My muscular reviewing-style grated with small press enthusiasts' indulgence in self-satisfied congeniality and writer/artist shape-throwing, but I refused to conveniently dismiss creators with throwaway compliments, employing instead a reviewing discipline based on four simple tenets: 1, perspective is to be achieved; 2, the standards by which one is judging the work are to be made clear; 3, credit is to be given where it is due; and 4, one should not be such a fucking misanthrope, you above-being-human narcissist.

Regularly achieving three of the four principles with my aesthetic evaluations, and quickly developing an obsessive-compulsive urgency for production of symmetrically paragraphed reviews, the meaningless absurdity of opinionative writing soon revealed itself to me. I was not deterred.

John Robbins

The Sound Of Drowning #1 & 2

Posted on December 19, 2002

Not so much the product of a cartoonist comfortable with the panel-to-panel consistency our beloved strip-form requires, as that of a writer/artist conscious of this requirement, 'The Sound Of Drowning' displays a developed grasp of design, is pleasing to the eye, and achieves a polish impressive enough to blind a prospective audience to the fact that issue two's montage/collage effect, for the most part, is redundant.

This second issue seems to strive for a kind of DC/Vertigo-impaired scripting, with self-involved delivery that strains for depth - which isn't to say it doesn't contain some competent, fluid writing, buoyed by a hint of knowing maturity; it's just the tone indulges in a self-pitying whine that grates after the first few lines and simply doesn't let-up. It is thoroughly professional, mainstream, mature comics writing then.

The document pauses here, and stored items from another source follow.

-- ===== src/Tests/Provider.antt =====
-- The provider's adapter, fulfilment, the payment simulator and the unit of work.
use ticket_genius.Prelude.{
  arith, ltb, if◌then◌else◌, ℕ, zero, suc, ◌≡◌, ◌≢◌, ◌⊎◌, refl, some, [], ◌∷◌,
}
use ticket_genius.Prelude.Int.{pos}
use ticket_genius.Prelude.Text.{Text, text_eq, codes}
use ticket_genius.Prelude.Dict.{lookup, insert}
use ticket_genius.Python.{ok, err, attribute_error}
use ticket_genius.Python.Json.{null}
use ticket_genius.Domain.Events.{Event, event_type, order_cancelled}
use ticket_genius.Redis.Memory.{memory}
use ticket_genius.Ticketmaster.Commerce.{create_order}
use ticket_genius.Ticketmaster.Commerce.Laws.{create_order_once}
use ticket_genius.Ticketmaster.Request.{Response, Attempt, responded, request_with_retries}
use ticket_genius.Ticketmaster.Request.Laws.{Answered, request-Answered}
use ticket_genius.PaymentSimulator.{PaymentIntent, Intents, confirm_payment, get_payment_intent}
use ticket_genius.PaymentSimulator.Laws.{outcome_text, confirm_settles}
use ticket_genius.Domain.Money.Laws.{cents}
use ticket_genius.UnitOfWork
use ticket_genius.UnitOfWork.{UnitOfWork, exit_ok}
use ticket_genius.UnitOfWork.Memory
use ticket_genius.UnitOfWork.Laws.{exit_with_event}
use ticket_genius.Tests.Sample.{sample}
use ticket_genius.Tests.Orders.{euros, envelope, fresh}
use ticket_genius.Tests.Values.{event}

create_order_once_example :
    let (first, after) =
      create_order memory sample (codes "e1") (pos 2) [] (codes "order_1") 5 (some []) in
    (create_order memory sample (codes "e2") (pos 1) (codes "A" ∷ []) (codes "order_1") 9 after).0
    ≡ first
unfolding lookup
create_order_once_example =
    create_order_once memory sample (codes "e1") (codes "e2") (pos 2) (pos 1) [] (codes "A" ∷ [])
      (codes "order_1") 5 9 [] refl

-- A limited answer with a delay of 90 seconds, a server error, and an answer.
abbrev limited : Response
limited = record { status = 429; retry_after = ok (pos 90); error_text = []; body = ok null }

abbrev down : Response
down = record { status = 503; retry_after = ok (pos 60); error_text = []; body = ok null }

abbrev fine : Response
fine = record { status = 200; retry_after = ok (pos 60); error_text = []; body = ok event }

abbrev recovering : ℕ → Attempt
recovering zero = responded limited
recovering (suc zero) = responded down
recovering (suc (suc n)) = responded fine

request_recovers : request_with_retries recovering ≡ (ok event, 60 ∷ 2 ∷ [])
unfolding request_with_retries
request_recovers = refl

request-Answered_example :
    Answered (recovering 0) event ⊎ Answered (recovering 1) event ⊎ Answered (recovering 2) event
unfolding request_with_retries
request-Answered_example = request-Answered recovering event refl

abbrev intent : ℕ → PaymentIntent
intent n = record {
  id = codes "pi";
  client_secret = codes "s";
  status = codes "requires_payment_method";
  amount = euros n;
  metadata = [];
}

abbrev intents : Intents
intents = (codes "pi", intent 120) ∷ []

abbrev empty_tables : UnitOfWork.Memory.Tables
empty_tables = record { orders = []; payments = []; plans = []; outbox = [] }

abbrev session : UnitOfWork.Memory.Memory
session = record { working = empty_tables; unsaved = []; committed = empty_tables }

abbrev cancelled_event : Event
cancelled_event = record { envelope = envelope; body = order_cancelled (codes "o1") [] }

abbrev with_order : UnitOfWork UnitOfWork.Memory.memory
with_order = record {
  session =
      UnitOfWork.Memory.put_order (record fresh { domain_events = some (cancelled_event ∷ []) })
        session;
  domain_events = [];
}

exit_with_event_example :
    let (r, after) = exit_ok UnitOfWork.Memory.memory with_order in
    (r ≡ err (attribute_error (codes "'OrderCancelled' object has no attribute '__dict__'")))
    × (after.session.committed ≡ empty_tables)
    × (after.domain_events ≢ [])
unfolding insert event_type
exit_with_event_example =
    exit_with_event UnitOfWork.Memory.memory with_order cancelled_event [] refl

confirm_settles_example :
    let (r, after) = confirm_payment 7 (codes "pi") (codes "card") intents in
    (settled again : PaymentIntent) × (r ≡ ok settled)
    × (settled.status ≡ outcome_text (ltb 10000 (cents (euros 120))))
    × (settled.amount ≡ euros 120)
    × ((j : Text)
        → get_payment_intent j after
          ≡ (if text_eq (codes "pi") j then some settled else get_payment_intent j intents))
    × ((confirm_payment 9 (codes "pi") (codes "card") after).0 ≡ ok again)
    × (again.status ≡ settled.status)
unfolding get_payment_intent lookup text_eq
confirm_settles_example =
    confirm_settles 7 9 (codes "pi") (codes "card") intents (intent 120) (ground arith) refl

#1 however is the 'alternative' offering, and much more to my particular taste. It shares the angsty emotion of #2, but tackles subject matters with greater imagination and verve in the form of three strips that prove agreeably brief and to-the-point - albeit visually long-winded perhaps. And unlike #2's comic strip appearance, here some effective and affecting sequences are in evidence. Indeed, in some of its more successful moments of visual/word chemistry it captures the kind of agreeably disturbing interruption to cognisance that David Lynch often achieves. And at times I was also reminded a little of recent art-house hit 'Donnie Darko'. (It's those pesky wabbits, you see!)

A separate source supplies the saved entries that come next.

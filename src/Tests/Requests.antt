-- ===== src/Tests/Requests.antt =====
-- Requests, the bus and a synchronisation, over handlers that would answer.
use ticket_genius.Prelude.{
  ltb, ℕ, suc, ◌≡◌, false, Option, none, List, [], ◌∷◌, ◌==◌, if◌then◌else◌,
}
use ticket_genius.Prelude.Int.{pos}
use ticket_genius.Prelude.Text.{codes}
use ticket_genius.Python.{Result, ok, err, value_error}
use ticket_genius.Python.Exec.{Exec}
use ticket_genius.Python.Json.{Json, null, obj, end}
use ticket_genius.Domain.Plan.{Plan}
use ticket_genius.UnitOfWork.Memory as Db
use ticket_genius.MessageBus.{Command, Query, Method, Reply, SyncPlansCommand}
use ticket_genius.Entrypoints.Schemas.{Pydantic}
use ticket_genius.Entrypoints.Requests.{post_order}
use ticket_genius.Entrypoints.Api.{respond}
use ticket_genius.Entrypoints.Api.Laws.{only_health_succeeds}
use ticket_genius.Handlers.Sync.{handle_sync_plans}
use ticket_genius.Handlers.Sync.Laws.{sync_uncommitted}
use ticket_genius.Tests.Sample.{sample}
use ticket_genius.Tests.Values.{event}

-- Handlers that count their calls.
abbrev commands : Method → Command → Exec ℕ Reply
commands m cmd w = (ok Reply.nothing, suc w)

abbrev queries : Method → Query → Exec ℕ Reply
queries m q w = (ok Reply.nothing, suc w)

abbrev pydantic : Pydantic
pydantic = record {
  create_order_request = λ j.
      ok (record { plan_id = codes "p"; quantity = pos 2; attendee_info = end; seat_ids = none });
  confirm_payment_request = λ j. err (value_error []);
  cancel_order_request = λ j. ok (record { reason = codes "ill" });
  refund_order_request = λ j. ok (record { amount = none; reason = [] });
  search_plans_request = λ j. err (value_error []);
  dump = λ r. ok null;
}

only_health_succeeds_example :
    let (response, after) =
      respond commands queries pydantic sample (codes "/orders") (post_order (obj end)) 7 in
    (ltb response.status 400 ≡ false) × (after ≡ 7)
only_health_succeeds_example =
    only_health_succeeds commands queries pydantic sample (codes "/orders") (post_order (obj end)) 7

-- A provider with one event, on its first page.
abbrev search : ℕ → ℕ → Result (List Json)
search page size = ok (if page == 0 then event ∷ [] else [])

abbrev get_by_tm_id : Json → Db.Memory → Option Plan
get_by_tm_id j s = none

abbrev all_plans : SyncPlansCommand
all_plans = record { since = none; stale_only = false }

abbrev tables : Db.Tables
tables = record { orders = []; payments = []; plans = []; outbox = [] }

abbrev session : Db.Memory
session = record { working = tables; unsaved = []; committed = tables }

sync_uncommitted_example :
    (handle_sync_plans sample Db.memory search get_by_tm_id 1 9 all_plans session).1.committed
    ≡ tables
sync_uncommitted_example =
    sync_uncommitted sample Db.memory search get_by_tm_id 9 all_plans 1 session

Certainly there's a sound talent at work here in the form of creator Paul O'Connell, and though his efforts are perhaps not always easily digested in the near-relentlessly sombre tones employed - nor indeed in the script/art detachment dictated by photo-strip resemblance - he still manages to produce some impressive work that oozes mood and polish. Not yet the finished article then, and often more a close-relative of the comic strip than actual comic strip, 'The Sound Of Drowning' #1 & 2 nonetheless deserve your attention. Yup, well worth a dunk, methinks!